おかげさまで日間ハイファンタジー部門で81位、総合で243位になりました。

ご声援、ありがとうございます!

「なに、なんの用……?」


 最初に訪れたのは、三人一組のところだった。


「ちょっと手助けしたいと思って」


 代表として、俺がそう声をかける。


「手助けって、そんな余裕、あるの?」

「あるといえば、あるわ」

「それは、すごいけど……」


 そう応対する少女——多分アリスよりひとつかふたつ上程度だろう——は気丈に振る舞っていたが、それでもその顔には疲労が浮かんでいた。

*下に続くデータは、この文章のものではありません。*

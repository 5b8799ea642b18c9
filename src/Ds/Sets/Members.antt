-- ===== src/Ds/Sets/Members.antt =====
-- Membership after each write of `Set`, and the counts that the methods return.
use lightdb.Common.Map.{
  Map, find, has, insert, assign, erase, find-assign, find-insert, find-erase, length-insert,
}
use lightdb.Common.{
  ℕ, ◌+◌, Str, str_eq, str_eq_iff, str_eq_self, length, ◌≡◌, true, false, ◌&&◌, [], arith,
  if◌then◌else◌, Bool-cases, inl, inr,
}
use lightdb.Ds.Sets.{
  Sets, members, with_set, s_key_exist, s_add, s_card, s_is_member, s_rem, s_move,
}

pub s_is_member-has : (r : Sets) (k m : Str) → s_is_member r k m ≡ has (members r k) m
unfolding s_is_member s_key_exist find
s_is_member-has r k m = ground arith

pub s_card-members : (r : Sets) (k : Str) → s_card r k ≡ length (members r k)
unfolding s_card s_key_exist
s_card-members r k = ground arith

pub members-assign :
    (r : Sets) (key k : Str) (m : Map ℕ)
    → members (assign r key m) k ≡ (if str_eq key k then m else members r k)
members-assign r key k m = ground (arith, find-assign r key k m)

members-with_set : (r : Sets) (key k : Str) → members (with_set r key) k ≡ members r k
unfolding s_key_exist
members-with_set r key k = ground (arith, find-insert r key k [], str_eq_iff key k)

has-insert : (m : Map ℕ) (x y : Str) → has (insert m x 1) y ≡ (if str_eq x y then true else has m y)
has-insert m x y = ground (arith, find-insert m x y 1)

has-erase : (m : Map ℕ) (x y : Str) → has (erase m x) y ≡ (if str_eq x y then false else has m y)
has-erase m x y = ground (arith, find-erase m x y)

-- `SRem` and `SMove` by one test.
s_rem-lem :
    (r : Sets) (key member : Str)
    → s_rem r key member ≡ (
        if s_is_member r key member
        then (assign r key (erase (members r key) member), true)
        else (r, false))
unfolding s_rem s_is_member s_key_exist find
s_rem-lem r key member = ground arith

moved : Sets → Str → Str → Str → Sets
moved r src dst member =
    let r1 = assign r src (erase (members r src) member) in
    let r2 = with_set r1 dst in assign r2 dst (insert (members r2 dst) member 1)

s_move-lem :
    (r : Sets) (src dst member : Str)
    → s_move r src dst member
      ≡ (if s_is_member r src member then (moved r src dst member, true) else (r, false))
unfolding s_move s_is_member s_key_exist find moved
s_move-lem r src dst member = ground arith

module _ (r : Sets) (key member k : Str) where
  pub members-s_add :
      members (s_add r key member).0 k
      ≡ (if str_eq key k then insert (members r key) member 1 else members r k)
  unfolding s_add
  members-s_add = ground (
    arith,
    members-assign (with_set r key) key k (insert (members (with_set r key) key) member 1),
    members-with_set r key key,
    members-with_set r key k,
  )

  pub members-s_rem : members (s_rem r key member).0 k ≡ (
      if str_eq key k && s_is_member r key member
      then erase (members r key) member
      else members r k)
  members-s_rem =
      ground (arith, s_rem-lem r key member, members-assign r key k (erase (members r key) member))

  -- After `SAdd` the member is in the set, and all else is as before.
  pub s_is_member-s_add :
      (m : Str)
      → s_is_member (s_add r key member).0 k m
        ≡ (if str_eq key k && str_eq member m then true else s_is_member r k m)
  s_is_member-s_add m = ground (
    arith,
    s_is_member-has (s_add r key member).0 k m,
    s_is_member-has r k m,
    members-s_add,
    has-insert (members r key) member m,
    str_eq_iff key k,
  )

  -- `SRem` reports whether the member was there; after it the member is not, and all else is as
  -- before.
  pub s_is_member-s_rem :
      (m : Str)
      → ((s_rem r key member).1 ≡ s_is_member r key member)
        × (s_is_member (s_rem r key member).0 k m
            ≡ (if str_eq key k && str_eq member m then false else s_is_member r k m))
  s_is_member-s_rem m = (
    ground (arith, s_rem-lem r key member),
    ground (
      arith,
      s_is_member-has (s_rem r key member).0 k m,
      s_is_member-has r k m,
      members-s_rem,
      has-erase (members r key) member m,
      str_eq_iff key k,
      str_eq_iff member m,
    ),
  )

-- `SAdd` returns the size that `SCard` then reports: one more for a new member.
pub s_card-s_add :
    (r : Sets) (key member : Str)
    → ((s_add r key member).1 ≡ s_card (s_add r key member).0 key)
      × ((s_add r key member).1
          ≡ (if s_is_member r key member then s_card r key else s_card r key + 1))
unfolding s_add
s_card-s_add r key member = (
  ground (
    arith,
    s_card-members (s_add r key member).0 key,
    members-s_add r key member key,
    members-with_set r key key,
    str_eq_self key,
  ),
  ground (
    arith,
    s_card-members r key,
    s_is_member-has r key member,
    members-with_set r key key,
    length-insert (members r key) member 1,
  ),
)

module _ (r : Sets) (src dst member : Str) where
  members-s_move :
      (k : Str)
      → s_is_member r src member ≡ true
      → members (s_move r src dst member).0 k ≡ (
          if str_eq dst k
          then insert
              (if str_eq src dst then erase (members r src) member else members r dst)
              member
              1
          else if str_eq src k
          then erase (members r src) member
          else members r k)
  unfolding moved
  members-s_move k h =
      let r1 = assign r src (erase (members r src) member) in
      ground (
        arith,
        s_move-lem r src dst member,
        members-assign (with_set r1 dst) dst k (insert (members (with_set r1 dst) dst) member 1),
        members-with_set r1 dst dst,
        members-with_set r1 dst k,
        members-assign r src dst (erase (members r src) member),
        members-assign r src k (erase (members r src) member),
      )

  -- `SMove` reports whether the source had the member. If so the destination has it afterwards and
  -- the source has not, unless the two are one set; all else is as before.
  pub s_is_member-s_move :
      (k m : Str)
      → ((s_move r src dst member).1 ≡ s_is_member r src member)
        × (s_is_member (s_move r src dst member).0 k m ≡ (
            if s_is_member r src member && str_eq member m
            then (if str_eq dst k then true else if str_eq src k then false else s_is_member r k m)
            else s_is_member r k m))
  s_is_member-s_move k m = (
    ground (arith, s_move-lem r src dst member),
    elim (Bool-cases (s_is_member r src member)) [
      | inl e ↦ ground (
        arith,
        s_is_member-has (s_move r src dst member).0 k m,
        s_is_member-has r k m,
        members-s_move k e,
        has-insert (if str_eq src dst then erase (members r src) member else members r dst) member
            m,
        has-erase (members r src) member m,
        str_eq_iff dst k,
        str_eq_iff src k,
        str_eq_iff src dst,
      )
      | inr e ↦ ground (arith, s_move-lem r src dst member)
    ],
  )
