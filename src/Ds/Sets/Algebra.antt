-- ===== src/Ds/Sets/Algebra.antt =====
-- `SPop`, `SUnion` and `SDiff`.
use lightdb.Common.Map.{Map, find, has, assign, erase, IsDistinct, find-assign, find-erase}
use lightdb.Common.{
  ℕ, Str, str_eq, str_eq_iff, str_eq_self, contains, contains-append, ◌≡◌, ◌↔◌, refl, Bool, true,
  false, not, ◌&&◌, ◌||◌, none, some, List, [], ◌∷◌, ◌++◌, arith, if◌then◌else◌,
}
use lightdb.Ds.Sets.{
  Sets, members, shrunk, touched, s_key_exist, s_is_member, s_rem, s_pop, pop_begin, push_members,
  mark_all, union_loop, s_union, set_insert, set_erase, collect, remove_all, s_diff, s_members,
}
use lightdb.Ds.Sets.Members.{s_is_member-has, members-assign}

-- `SPop` is undefined exactly where an empty set is stored under the key.
pub s_pop-undefined_iff : (r : Sets) (key : Str) → (s_pop r key ≡ none) ↔ (find r key ≡ some [])
unfolding s_pop pop_begin s_key_exist
s_pop-undefined_iff r key = ((λ h. ground arith), (λ h. ground arith))

members-shrunk :
    (r : Sets) (key k : Str) (m : Map ℕ)
    → members (shrunk r key m) k ≡ (if str_eq key k then m else members r k)
members-shrunk r key k [] =
    ground (arith, find-erase (assign r key []) key k, find-assign r key k [])
members-shrunk r key k (e ∷ m) = members-assign r key k (e ∷ m)

-- On a set that is not empty and has no member twice, `SPop` returns its first member and removes
-- that member only.
pub s_pop_lem :
    (r : Sets) (key member : Str) (v : ℕ) (rest : Map ℕ)
    → members r key ≡ (member, v) ∷ rest
    → IsDistinct (members r key)
    → (r' : Sets) × (s_pop r key ≡ some (r', some member))
      × (s_is_member r key member ≡ true)
      × ((k m : Str)
          → s_is_member r' k m
            ≡ (if str_eq key k && str_eq member m then false else s_is_member r k m))
unfolding s_pop pop_begin s_key_exist find
s_pop_lem r key member v rest h d = (
  shrunk r key rest,
  ground arith,
  ground (arith, s_is_member-has r key member, str_eq_self member),
  (λ k m. ground (
    arith,
    s_is_member-has (shrunk r key rest) k m,
    s_is_member-has r k m,
    members-shrunk r key k rest,
    str_eq_iff key k,
    str_eq_iff member m,
    (rw h at d).0,
  )),
)

-- `SRem` of the last member leaves an empty set behind, on which `SPop` is undefined.
pub s_rem_leaves_empty :
    (r : Sets) (key member : Str) (v : ℕ)
    → find r key ≡ some ((member, v) ∷ [])
    → s_pop (s_rem r key member).0 key ≡ none
unfolding s_rem s_key_exist find erase
s_rem_leaves_empty r key member v h =
    (s_pop-undefined_iff (s_rem r key member).0 key).1
      (ground (arith, find-assign r key key [], str_eq_self key, str_eq_self member))

contains-push_members :
    (m : Map ℕ) (vals : List Str) (x : Str)
    → contains (push_members m vals) x ≡ (contains vals x || has m x)
unfolding push_members find
contains-push_members [] vals x = ground arith
contains-push_members ((j, v) ∷ m) vals x =
    ground (arith, contains-push_members m (vals ++ j ∷ []) x, contains-append vals (j ∷ []) x)

-- `SMembers` lists the members of a set that exists, and nothing else.
pub contains-s_members :
    (r : Sets) (key x : Str)
    → ((s_members r key []).0 ≡ s_key_exist r key)
      × (contains (s_members r key []).1 x ≡ s_is_member r key x)
unfolding s_members s_key_exist find
contains-s_members r key x = (
  ground arith,
  ground (arith, contains-push_members (members r key) [] x, s_is_member-has r key x),
)

has-mark_all : (m acc : Map ℕ) (x : Str) → has (mark_all m acc) x ≡ (has acc x || has m x)
unfolding mark_all find
has-mark_all [] acc x = ground arith
has-mark_all ((j, v) ∷ m) acc x =
    ground (arith, has-mark_all m (assign acc j 1) x, find-assign acc j x 1)

abbrev pub in_any : Sets → List Str → Str → Bool
in_any r [] x = false
in_any r (key ∷ keys) x = s_is_member r key x || in_any r keys x

has-union_loop :
    (r : Sets) (keys : List Str) (acc : Map ℕ) (x : Str)
    → has (union_loop r keys acc) x ≡ (has acc x || in_any r keys x)
unfolding union_loop s_key_exist find
has-union_loop r [] acc x = ground arith
has-union_loop r (key ∷ keys) acc x = ground (
  arith,
  has-union_loop r keys (if s_key_exist r key then mark_all (members r key) acc else acc) x,
  has-mark_all (members r key) acc x,
  s_is_member-has r key x,
)

-- `SUnion` lists what is a member of at least one of the sets.
pub contains-s_union :
    (r : Sets) (keys : List Str) (x : Str) → contains (s_union r keys []) x ≡ in_any r keys x
unfolding s_union find
contains-s_union r keys x =
    ground (arith, contains-push_members (union_loop r keys []) [] x, has-union_loop r keys [] x)

contains-set_insert :
    (s : List Str) (x y : Str) → contains (set_insert s x) y ≡ (str_eq x y || contains s y)
unfolding set_insert
contains-set_insert [] x y = refl
contains-set_insert (z ∷ s) x y = ground (arith, contains-set_insert s x y, str_eq_iff x z)

contains-set_erase :
    (s : List Str) (x y : Str)
    → contains (set_erase s x) y ≡ (if str_eq x y then false else contains s y)
unfolding set_erase
contains-set_erase [] x y = ground arith
contains-set_erase (z ∷ s) x y =
    ground (arith, contains-set_erase s x y, str_eq_iff z x, str_eq_iff x y, str_eq_iff z y)

contains-collect :
    (m : Map ℕ) (acc : List Str) (x : Str)
    → contains (collect m acc) x ≡ (contains acc x || has m x)
unfolding collect find
contains-collect [] acc x = ground arith
contains-collect ((j, v) ∷ m) acc x =
    ground (arith, contains-collect m (set_insert acc j) x, contains-set_insert acc j x)

contains-remove_all :
    (vs acc : List Str) (x : Str)
    → contains (remove_all vs acc) x ≡ (contains acc x && not (contains vs x))
unfolding remove_all
contains-remove_all [] acc x = ground arith
contains-remove_all (v ∷ vs) acc x = ground (
  arith,
  contains-remove_all vs (if contains acc v then set_erase acc v else acc) x,
  contains-set_erase acc v x,
  str_eq_iff v x,
)

is_member-touched : (r : Sets) (key k x : Str) → s_is_member (touched r key) k x ≡ s_is_member r k x
unfolding find
is_member-touched r key k x = ground (
  arith,
  s_is_member-has (touched r key) k x,
  s_is_member-has r k x,
  find-assign r key k [],
  str_eq_iff key k,
)

in_any-touched :
    (r : Sets) (key : Str) (keys : List Str) (x : Str)
    → in_any (touched r key) keys x ≡ in_any r keys x
in_any-touched r key [] x = refl
in_any-touched r key (k ∷ keys) x =
    ground (arith, is_member-touched r key k x, in_any-touched r key keys x)

-- `SDiff` lists the members of the first set that no other set has. No membership changes, but the
-- first key exists afterwards.
pub contains-s_diff :
    (r : Sets) (key : Str) (keys : List Str) (x : Str)
    → (contains (s_diff r key keys []).1 x ≡ (s_is_member r key x && not (in_any r keys x)))
      × ((k : Str) → s_is_member (s_diff r key keys []).0 k x ≡ s_is_member r k x)
      × (s_key_exist (s_diff r key keys []).0 key ≡ true)
unfolding s_diff s_key_exist
contains-s_diff r key keys x = (
  ground (
    arith,
    contains-remove_all (s_union (touched r key) keys []) (collect (members r key) []) x,
    contains-collect (members r key) [] x,
    contains-s_union (touched r key) keys x,
    in_any-touched r key keys x,
    s_is_member-has r key x,
  ),
  (λ k. is_member-touched r key k x),
  ground (arith, find-assign r key key [], str_eq_self key),
)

 もうひとりは完全に疲れ切っているのか、後ろにある岩陰でぐったりと横になっており、最後のひとりが(ひざまず)いて様子を見ている。

 やはり、クリスと聖女アンの予想は当たっていた。

 道具こそ渡されているものの、普段は歌と踊りを中心に学んでいる少女たちにとって、三日も無人島にいることは酷だったのだ。


「わかってるの? これが選抜試験だって」

「ええ。そしてこの七日間を乗りきれば、全員合格する可能性もあるって事もね」

「……それは、そうだけど」


 どうやら、選抜試験という名称が、彼女たちを踏みとどまらせているのと同時に、彼女たち自身を縛っているようである。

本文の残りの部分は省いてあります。